Hello,
I discovered in my boundary testing of with-open-socket that it sort of has a funny behavior I didn't expect.
Basically, I had a top level code like this in a blocking i/o tcp ipv4 client talking to a server:
(with-open-socket (socket :stuff :things)
;; set up i/o handlers, each wrap their reads and writes around ;; handler-case. A disconnector on the sockets removes the io handlers, but ;; doesn't close the socket since with-open-socket should do it.
(handler-case ;; run forever until empty (meaning we disconnected from the server), ;; then return. (event-dispatch *base*)
(hangup () (format t "Hangup while writing to server~%"))
(end-of-file () (format t "End of file from server~%"))))

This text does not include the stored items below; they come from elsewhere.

-- ===== src/Message/Decode/Trip/Unknown.antt =====
-- Fields that the table does not have, between the others.
use ios_college_work.Common.{
  ℕ, zero, suc, ◌+◌, ◌-◌, ◌*◌, ◌^◌, ◌≤◌, ◌<◌, ◌≡◌, ◌≢◌, sym, ap, ◌∙◌, Bool, List, [], ◌∷◌, ◌++◌,
  length, length-append, All, arith, ok,
}
use mathlib.Core.Path.{subst}
use mathlib.Core.List.{append_assoc}
use ios_college_work.Stream.Buffers.{input}
use ios_college_work.Wire.Varint.{length-groups}
use ios_college_work.Wire.Fields.Tag.{IsTag, tag_bytes}
use ios_college_work.Wire.Fields.Skip.{
  Payload, varint_value, fixed64_value, fixed32_value, string_value, wire_type, payload_bytes,
  IsPayload, pb_skip_field-Reads,
}
use ios_college_work.Message.Memory.{Mem}
use ios_college_work.Message.Field.{Field, field_at, pb_ltype, ltype_extension}
use ios_college_work.Message.Iter.{FieldIter, current, pb_field_iter_begin}
use ios_college_work.Message.Iter.Walk.{field_at-All}
use ios_college_work.Message.Decode.Machine.{machine, on_memory, on_stream}
use ios_college_work.Message.Decode.Env.{DecodeEnv, Nested}
use ios_college_work.Message.Decode.Layout.{Entries, On, On-here}
use ios_college_work.Message.Decode.Messages.{decode_fields, tagged_field}
use ios_college_work.Message.Decode.Unknown.{unknown-skip}
use ios_college_work.Message.Decode.Trip.Walk.{walk, IsWalk, IsWalk-begin, walk-IsWalk, walk-pos}
use ios_college_work.Message.Decode.Trip.Count.{seen_at, walk-current, walk-step, walk-around}
use ios_college_work.Message.Decode.Trip.Loop.{loop-round, fuel-suc}
use ios_college_work.Message.Decode.Trip.Rounds.{IsSimple, Seen}
use ios_college_work.Message.Decode.Trip.Feed.{Fed}

-- A field by its number and its value.
pub record Foreign : Type 0 where
  pub field_number : ℕ
  pub payload : Payload

abbrev pub foreign_bytes : Foreign → List ℕ
foreign_bytes u = tag_bytes (wire_type u.payload) u.field_number ++ payload_bytes u.payload

-- Its number is not in the table.
pub record IsForeign (fields : List Field) (u : Foreign) : Type 0 where
  pub number : (0 < u.field_number) × (u.field_number < 2 ^ 29)
  pub value : IsPayload u.payload
  pub missing : (k : ℕ) → k < length fields → (field_at fields k).tag ≢ u.field_number

abbrev pub all_bytes : List Foreign → List ℕ
all_bytes [] = []
all_bytes (u ∷ us) = foreign_bytes u ++ all_bytes us

wire-IsTag :
    (fields : List Field) (u : Foreign)
    → IsForeign fields u
    → IsTag (wire_type u.payload) u.field_number
wire-IsTag fields u f = record { wire = small u.payload; small = f.number.1 }
  where
    small : (p : Payload) → wire_type p < 8
    small (varint_value v) = omega arith
    small (fixed64_value v) = omega arith
    small (fixed32_value v) = omega arith
    small (string_value bs) = omega arith

module _ (fields : List Field) (dest : ℕ) (simple : IsSimple fields) (u : Foreign)
    (f : IsForeign fields u) where
  -- An iterator of the walk within the table, at an entry that is not the field.
  abbrev IsOther : FieldIter → Type 0
  IsOther iter =
      IsWalk fields dest iter
      × (iter.pos < length fields)
      × (pb_ltype (current iter).type ≢ ltype_extension)
      × ((current iter).tag ≢ u.field_number)

  walk-IsOther : (k : ℕ) → k < length fields → IsOther (walk fields dest k)
  walk-IsOther k lt =
      let here = walk-current fields dest simple.closed simple.no_oneof k lt in
      (
        walk-IsWalk fields dest k,
        rw (walk-pos fields dest simple.closed k lt) lt,
        rw here (
            field_at-All (λ field. pb_ltype field.type ≢ ltype_extension) fields k
              simple.no_extension lt),
        rw here (f.missing k lt),
      )

  abbrev Anything : FieldIter → Type 0
  Anything iter = Unit {0}

  walk-Entries :
      (r k : ℕ) → k + suc r ≡ length fields → Entries (suc r) IsOther Anything (walk fields dest k)
  walk-Entries zero k e =
      let around =
        ap (λ (t : FieldIter × Bool). t.1)
          (walk-around fields dest simple.closed simple.no_oneof k (omega (arith, e))) in
      (walk-IsOther k (omega (arith, e)), rw around tt)
  walk-Entries (suc r) k e =
      let step =
        ap (λ (t : FieldIter × Bool). t.1)
          (walk-step fields dest simple.closed simple.no_oneof k (omega (arith, e))) in
      (walk-IsOther k (omega (arith, e)), rw step (walk-Entries r (suc k) (omega (arith, e))))

  On-walk :
      (iter : FieldIter)
      → IsWalk fields dest iter
      → iter.pos < length fields
      → On fields dest IsOther Anything iter
  On-walk iter w lt =
      let (r, up) = fuel-suc (length fields - iter.pos) (omega (arith, lt)) in
      record {
        start = w.start;
        dest_struct = w.dest_struct;
        left = suc r;
        entries =
            subst (λ (i : FieldIter). Entries (suc r) IsOther Anything i) (sym w.same)
              (walk-Entries r iter.pos (omega (arith, up, lt)));
      }

  module _ (depth : ℕ) (env : DecodeEnv) (noinit : Nested) (lo hi : ℕ → ℕ)
      (Ready Same : ℕ → Mem → Type 0) where
    -- It is skipped, and the loop goes on.
    pub Fed-Foreign :
        {bs : List ℕ} (k : ℕ) (iter : FieldIter) (ws : List ℕ) (range : ℕ)
        → Seen fields dest k iter ws
        → ((next : FieldIter) (range' : ℕ)
            → Seen fields dest k next ws
            → Fed fields dest simple depth env noinit lo hi Ready Same k bs next ws range')
        → Fed fields dest simple depth env noinit lo hi Ready Same k
            (foreign_bytes u ++ bs)
            iter
            ws
            range
    unfolding on_stream on_memory
    Fed-Foreign {bs = bs} k iter ws range seen next =
        let w = wire_type u.payload in
        let (prog', run, kept_seen, on) =
          unknown-skip fields dest u.field_number IsOther Anything whole (λ i o. o.2) (λ i o. o.3)
            depth env noinit w (seen_at iter ws range) (On-walk iter seen.on_walk seen.within)
            (omega (arith, f.number)) in
        let other = On-here fields dest IsOther Anything prog'.iter on in
        let fed = next prog'.iter prog'.extension_range_start (record {
          on_walk = other.0;
          within = other.1;
          visited = seen.visited;
          all = seen.all;
          marks = seen.marks;
          covered = seen.covered;
        }) in
        record {
          at = fed.at;
          bitmap = fed.bitmap;
          range_at = fed.range_at;
          seen = fed.seen;
          runs = λ m ready fuel rest e enough.
              let (g, up) = fuel-suc fuel (omega (arith, enough)) in
              let (after, r, kept, same) =
                fed.runs m ready g rest e (omega (arith, up, enough, size, some_tag)) in
              let there =
                subst
                  (λ (l : List ℕ).
                    decode_fields g (tagged_field depth env noinit)
                      (seen_at prog'.iter l prog'.extension_range_start)
                      (machine (input (bs ++ rest) (length bs) e) m)
                    ≡ ok (seen_at fed.at fed.bitmap fed.range_at) (machine (input rest 0 e) after))
                  (sym kept_seen) r in
              (
                after,
                rw (up, joined rest, size)
                    (loop-round g (tagged_field depth env noinit) (seen_at iter ws range) w
                        u.field_number (payload_bytes u.payload ++ (bs ++ rest))
                        (length (payload_bytes u.payload) + length bs) e m (wire-IsTag fields u f)
                        f.number.0
                      ∙ rw
                          (
                            run (
                                machine
                                  (input (payload_bytes u.payload ++ (bs ++ rest))
                                    (length (payload_bytes u.payload) + length bs) e)
                                  m),
                            pb_skip_field-Reads u.payload f.value (bs ++ rest) (length bs) e,
                          )
                          there),
                kept,
                same,
              );
        }
      where
        whole : On fields dest IsOther Anything (pb_field_iter_begin fields dest).0
        whole =
            let some_left : 0 < length fields = omega (arith, seen.within) in
            On-walk (walk fields dest 0) (IsWalk-begin fields dest)
              (rw (walk-pos fields dest simple.closed 0 some_left) some_left)

        some_tag : 1 ≤ length (tag_bytes (wire_type u.payload) u.field_number)
        some_tag = (length-groups 9 (wire_type u.payload + u.field_number * 8)).0

        joined :
            (rest : List ℕ)
            → (foreign_bytes u ++ bs) ++ rest
              ≡ tag_bytes (wire_type u.payload) u.field_number
                ++ (payload_bytes u.payload ++ (bs ++ rest))
        joined rest =
            append_assoc (foreign_bytes u) bs rest
            ∙ append_assoc (tag_bytes (wire_type u.payload) u.field_number)
                (payload_bytes u.payload) (bs ++ rest)

        size :
            length (foreign_bytes u ++ bs)
            ≡ length (tag_bytes (wire_type u.payload) u.field_number)
              + (length (payload_bytes u.payload) + length bs)
        size = omega (
          arith,
          length-append (foreign_bytes u) bs,
          length-append (tag_bytes (wire_type u.payload) u.field_number) (payload_bytes u.payload),
        )

-- Any number of them.
module _ (fields : List Field) (dest : ℕ) (simple : IsSimple fields) (depth : ℕ) (env : DecodeEnv)
    (noinit : Nested) (lo hi : ℕ → ℕ) (Ready Same : ℕ → Mem → Type 0) where
  pub Fed-all_bytes :
      {bs : List ℕ} (us : List Foreign)
      → All (λ u. IsForeign fields u) us
      → (k : ℕ) (iter : FieldIter) (ws : List ℕ) (range : ℕ) → Seen fields dest k iter ws
      → ((next : FieldIter) (range' : ℕ)
          → Seen fields dest k next ws
          → Fed fields dest simple depth env noinit lo hi Ready Same k bs next ws range')
      → Fed fields dest simple depth env noinit lo hi Ready Same k
          (all_bytes us ++ bs)
          iter
          ws
          range
  Fed-all_bytes [] all k iter ws range seen next = next iter range seen
  Fed-all_bytes {bs = bs} (u ∷ us) all k iter ws range seen next =
      subst
        (λ (l : List ℕ). Fed fields dest simple depth env noinit lo hi Ready Same k l iter ws range)
        (sym (append_assoc (foreign_bytes u) (all_bytes us) bs))
        (Fed-Foreign fields dest simple u all.0 depth env noinit lo hi Ready Same k iter ws range
          seen (λ next' range' seen'. Fed-all_bytes us all.1 k next' ws range' seen' next))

Now, what happened was, under certain conditions where there is inflight data on the sockets, a registered handler could get a signaled condition, specifically hangup, that tells me the server went away on a write. This is expected. I disconnect the socket which removes the i/o handlers, which causes event-dispatch to return since there are no registered handlers.... and then bam! The with-open-stream performs a (finish-output) and (close) on the socket and I get _another_ hangup condition!
So I had to rewrite the code like this moving the handler-case up one scope:
(handler-case (with-open-socket (socket :things :stuff) ;; set up i/o handlers, each wrap their reads and writes around ;; handler-case. A disconnector on the sockets removes the io handlers, but ;; doesn't close the socket since with-open-socket should do it. (event-dispatch *base*))
(hangup () (format t "Hangup while writing to server~%"))
(end-of-file () (format t "End of file from server~%"))))
Is this a to be expected scenario in condition handling with respect to with-open-socket? Is this idiomatic code?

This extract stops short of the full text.